──────── Information supplied

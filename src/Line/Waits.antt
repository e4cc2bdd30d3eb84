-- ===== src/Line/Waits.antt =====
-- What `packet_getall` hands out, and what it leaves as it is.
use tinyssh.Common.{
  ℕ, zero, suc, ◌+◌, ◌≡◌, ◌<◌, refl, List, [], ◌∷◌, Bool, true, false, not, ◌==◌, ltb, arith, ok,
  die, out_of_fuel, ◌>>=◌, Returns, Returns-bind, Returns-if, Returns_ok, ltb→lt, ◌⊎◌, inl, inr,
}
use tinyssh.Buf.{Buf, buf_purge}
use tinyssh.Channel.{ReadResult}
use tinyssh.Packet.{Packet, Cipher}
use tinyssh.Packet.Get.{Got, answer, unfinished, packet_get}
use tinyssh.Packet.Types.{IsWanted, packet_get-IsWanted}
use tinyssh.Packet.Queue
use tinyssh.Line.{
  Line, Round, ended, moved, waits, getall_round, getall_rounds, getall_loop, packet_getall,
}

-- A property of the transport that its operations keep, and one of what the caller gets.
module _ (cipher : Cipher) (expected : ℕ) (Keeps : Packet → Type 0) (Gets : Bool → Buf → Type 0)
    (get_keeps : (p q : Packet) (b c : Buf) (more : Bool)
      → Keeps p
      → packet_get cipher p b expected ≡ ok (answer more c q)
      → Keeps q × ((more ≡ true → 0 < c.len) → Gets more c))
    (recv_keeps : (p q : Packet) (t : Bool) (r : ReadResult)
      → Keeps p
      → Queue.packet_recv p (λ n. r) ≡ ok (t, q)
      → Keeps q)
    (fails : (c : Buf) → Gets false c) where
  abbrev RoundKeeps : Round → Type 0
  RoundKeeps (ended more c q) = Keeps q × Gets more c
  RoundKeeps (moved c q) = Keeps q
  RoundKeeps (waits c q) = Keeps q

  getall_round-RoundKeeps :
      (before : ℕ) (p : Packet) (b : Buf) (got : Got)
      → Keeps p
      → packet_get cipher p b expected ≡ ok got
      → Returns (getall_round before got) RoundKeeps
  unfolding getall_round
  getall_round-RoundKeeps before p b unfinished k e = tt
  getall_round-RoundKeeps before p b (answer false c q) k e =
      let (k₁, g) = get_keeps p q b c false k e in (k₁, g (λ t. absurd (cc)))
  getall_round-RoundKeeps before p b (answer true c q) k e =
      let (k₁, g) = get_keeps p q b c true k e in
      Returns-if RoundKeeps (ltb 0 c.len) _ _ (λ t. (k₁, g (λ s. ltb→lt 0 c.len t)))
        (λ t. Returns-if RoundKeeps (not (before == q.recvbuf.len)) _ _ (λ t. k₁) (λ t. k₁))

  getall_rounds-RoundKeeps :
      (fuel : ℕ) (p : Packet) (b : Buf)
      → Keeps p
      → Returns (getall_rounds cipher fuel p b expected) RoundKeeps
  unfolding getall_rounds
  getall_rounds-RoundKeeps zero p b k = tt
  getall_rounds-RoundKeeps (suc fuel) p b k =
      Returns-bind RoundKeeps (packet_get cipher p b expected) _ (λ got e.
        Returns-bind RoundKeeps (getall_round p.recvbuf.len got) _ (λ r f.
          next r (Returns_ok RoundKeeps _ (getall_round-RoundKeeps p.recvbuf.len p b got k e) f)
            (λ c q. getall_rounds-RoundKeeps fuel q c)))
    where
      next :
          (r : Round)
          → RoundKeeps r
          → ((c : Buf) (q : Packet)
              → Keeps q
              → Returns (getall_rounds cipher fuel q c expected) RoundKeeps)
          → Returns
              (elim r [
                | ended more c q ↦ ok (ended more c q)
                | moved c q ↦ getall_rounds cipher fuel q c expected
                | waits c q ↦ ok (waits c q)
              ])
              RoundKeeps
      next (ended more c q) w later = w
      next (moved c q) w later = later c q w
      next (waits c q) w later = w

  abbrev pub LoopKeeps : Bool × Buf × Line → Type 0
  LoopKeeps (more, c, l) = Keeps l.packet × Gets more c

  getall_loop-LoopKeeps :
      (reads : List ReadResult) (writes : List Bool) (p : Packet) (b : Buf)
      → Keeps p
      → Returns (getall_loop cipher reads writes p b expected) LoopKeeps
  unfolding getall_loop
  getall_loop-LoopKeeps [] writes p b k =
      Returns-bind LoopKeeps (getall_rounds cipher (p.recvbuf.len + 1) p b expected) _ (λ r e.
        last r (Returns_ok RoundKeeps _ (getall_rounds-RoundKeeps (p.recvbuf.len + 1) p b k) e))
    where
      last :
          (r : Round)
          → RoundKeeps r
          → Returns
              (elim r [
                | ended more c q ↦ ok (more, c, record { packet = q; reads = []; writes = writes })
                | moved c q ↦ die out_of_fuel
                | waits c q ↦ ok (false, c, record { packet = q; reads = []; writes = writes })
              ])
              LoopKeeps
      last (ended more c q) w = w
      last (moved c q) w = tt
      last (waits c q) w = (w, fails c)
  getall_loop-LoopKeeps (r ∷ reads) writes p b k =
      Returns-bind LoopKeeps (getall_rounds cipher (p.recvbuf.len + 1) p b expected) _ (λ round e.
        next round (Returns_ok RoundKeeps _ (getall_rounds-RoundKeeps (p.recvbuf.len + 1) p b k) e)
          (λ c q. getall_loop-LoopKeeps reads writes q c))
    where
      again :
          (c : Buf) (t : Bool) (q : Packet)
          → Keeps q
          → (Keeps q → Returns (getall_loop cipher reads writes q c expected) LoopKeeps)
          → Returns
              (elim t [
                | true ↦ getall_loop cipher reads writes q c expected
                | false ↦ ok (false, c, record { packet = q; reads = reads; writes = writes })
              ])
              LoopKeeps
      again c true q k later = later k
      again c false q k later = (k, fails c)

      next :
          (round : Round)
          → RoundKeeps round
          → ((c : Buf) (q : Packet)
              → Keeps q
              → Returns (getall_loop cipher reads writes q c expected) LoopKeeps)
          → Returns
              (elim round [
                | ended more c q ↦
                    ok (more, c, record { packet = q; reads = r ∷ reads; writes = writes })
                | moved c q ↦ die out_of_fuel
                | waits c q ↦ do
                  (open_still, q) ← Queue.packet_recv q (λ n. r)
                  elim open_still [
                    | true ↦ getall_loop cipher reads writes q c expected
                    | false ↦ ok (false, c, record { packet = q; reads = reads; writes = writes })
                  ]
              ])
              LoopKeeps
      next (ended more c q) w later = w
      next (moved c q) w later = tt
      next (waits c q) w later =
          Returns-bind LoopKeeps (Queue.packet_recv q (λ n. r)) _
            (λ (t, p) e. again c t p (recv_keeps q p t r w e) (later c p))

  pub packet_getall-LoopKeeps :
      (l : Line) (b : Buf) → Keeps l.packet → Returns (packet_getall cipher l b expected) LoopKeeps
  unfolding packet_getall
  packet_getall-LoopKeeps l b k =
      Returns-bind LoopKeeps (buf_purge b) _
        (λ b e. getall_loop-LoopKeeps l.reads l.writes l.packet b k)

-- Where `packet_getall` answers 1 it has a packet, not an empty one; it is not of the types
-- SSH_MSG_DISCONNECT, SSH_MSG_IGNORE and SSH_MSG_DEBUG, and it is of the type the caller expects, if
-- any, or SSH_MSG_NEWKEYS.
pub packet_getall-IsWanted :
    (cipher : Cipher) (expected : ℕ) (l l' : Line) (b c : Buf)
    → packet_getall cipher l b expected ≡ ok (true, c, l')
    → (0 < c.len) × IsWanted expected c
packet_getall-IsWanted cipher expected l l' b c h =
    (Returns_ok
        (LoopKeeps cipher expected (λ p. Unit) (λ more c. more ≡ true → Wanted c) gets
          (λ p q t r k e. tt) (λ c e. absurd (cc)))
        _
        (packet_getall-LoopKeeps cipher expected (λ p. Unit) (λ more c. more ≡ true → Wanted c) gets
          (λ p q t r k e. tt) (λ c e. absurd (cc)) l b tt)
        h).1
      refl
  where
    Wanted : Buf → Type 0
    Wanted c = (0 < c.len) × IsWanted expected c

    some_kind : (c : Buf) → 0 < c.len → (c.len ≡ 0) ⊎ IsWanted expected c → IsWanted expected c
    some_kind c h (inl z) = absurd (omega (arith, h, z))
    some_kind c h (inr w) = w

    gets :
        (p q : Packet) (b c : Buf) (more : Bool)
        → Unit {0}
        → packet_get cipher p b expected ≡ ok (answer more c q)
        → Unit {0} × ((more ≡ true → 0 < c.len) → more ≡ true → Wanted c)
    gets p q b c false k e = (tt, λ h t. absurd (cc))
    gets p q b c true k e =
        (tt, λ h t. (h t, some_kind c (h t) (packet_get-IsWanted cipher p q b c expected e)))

────────────────

Try it:
Look above for the line containing "some_kind c h (inr w) = w", then transcribe it and all lines after it through the last, exactly and with nothing else.

Finished exercise:
    some_kind c h (inr w) = w

    gets :
        (p q : Packet) (b c : Buf) (more : Bool)
        → Unit {0}
        → packet_get cipher p b expected ≡ ok (answer more c q)
        → Unit {0} × ((more ≡ true → 0 < c.len) → more ≡ true → Wanted c)
    gets p q b c false k e = (tt, λ h t. absurd (cc))
    gets p q b c true k e =
        (tt, λ h t. (h t, some_kind c (h t) (packet_get-IsWanted cipher p q b c expected e)))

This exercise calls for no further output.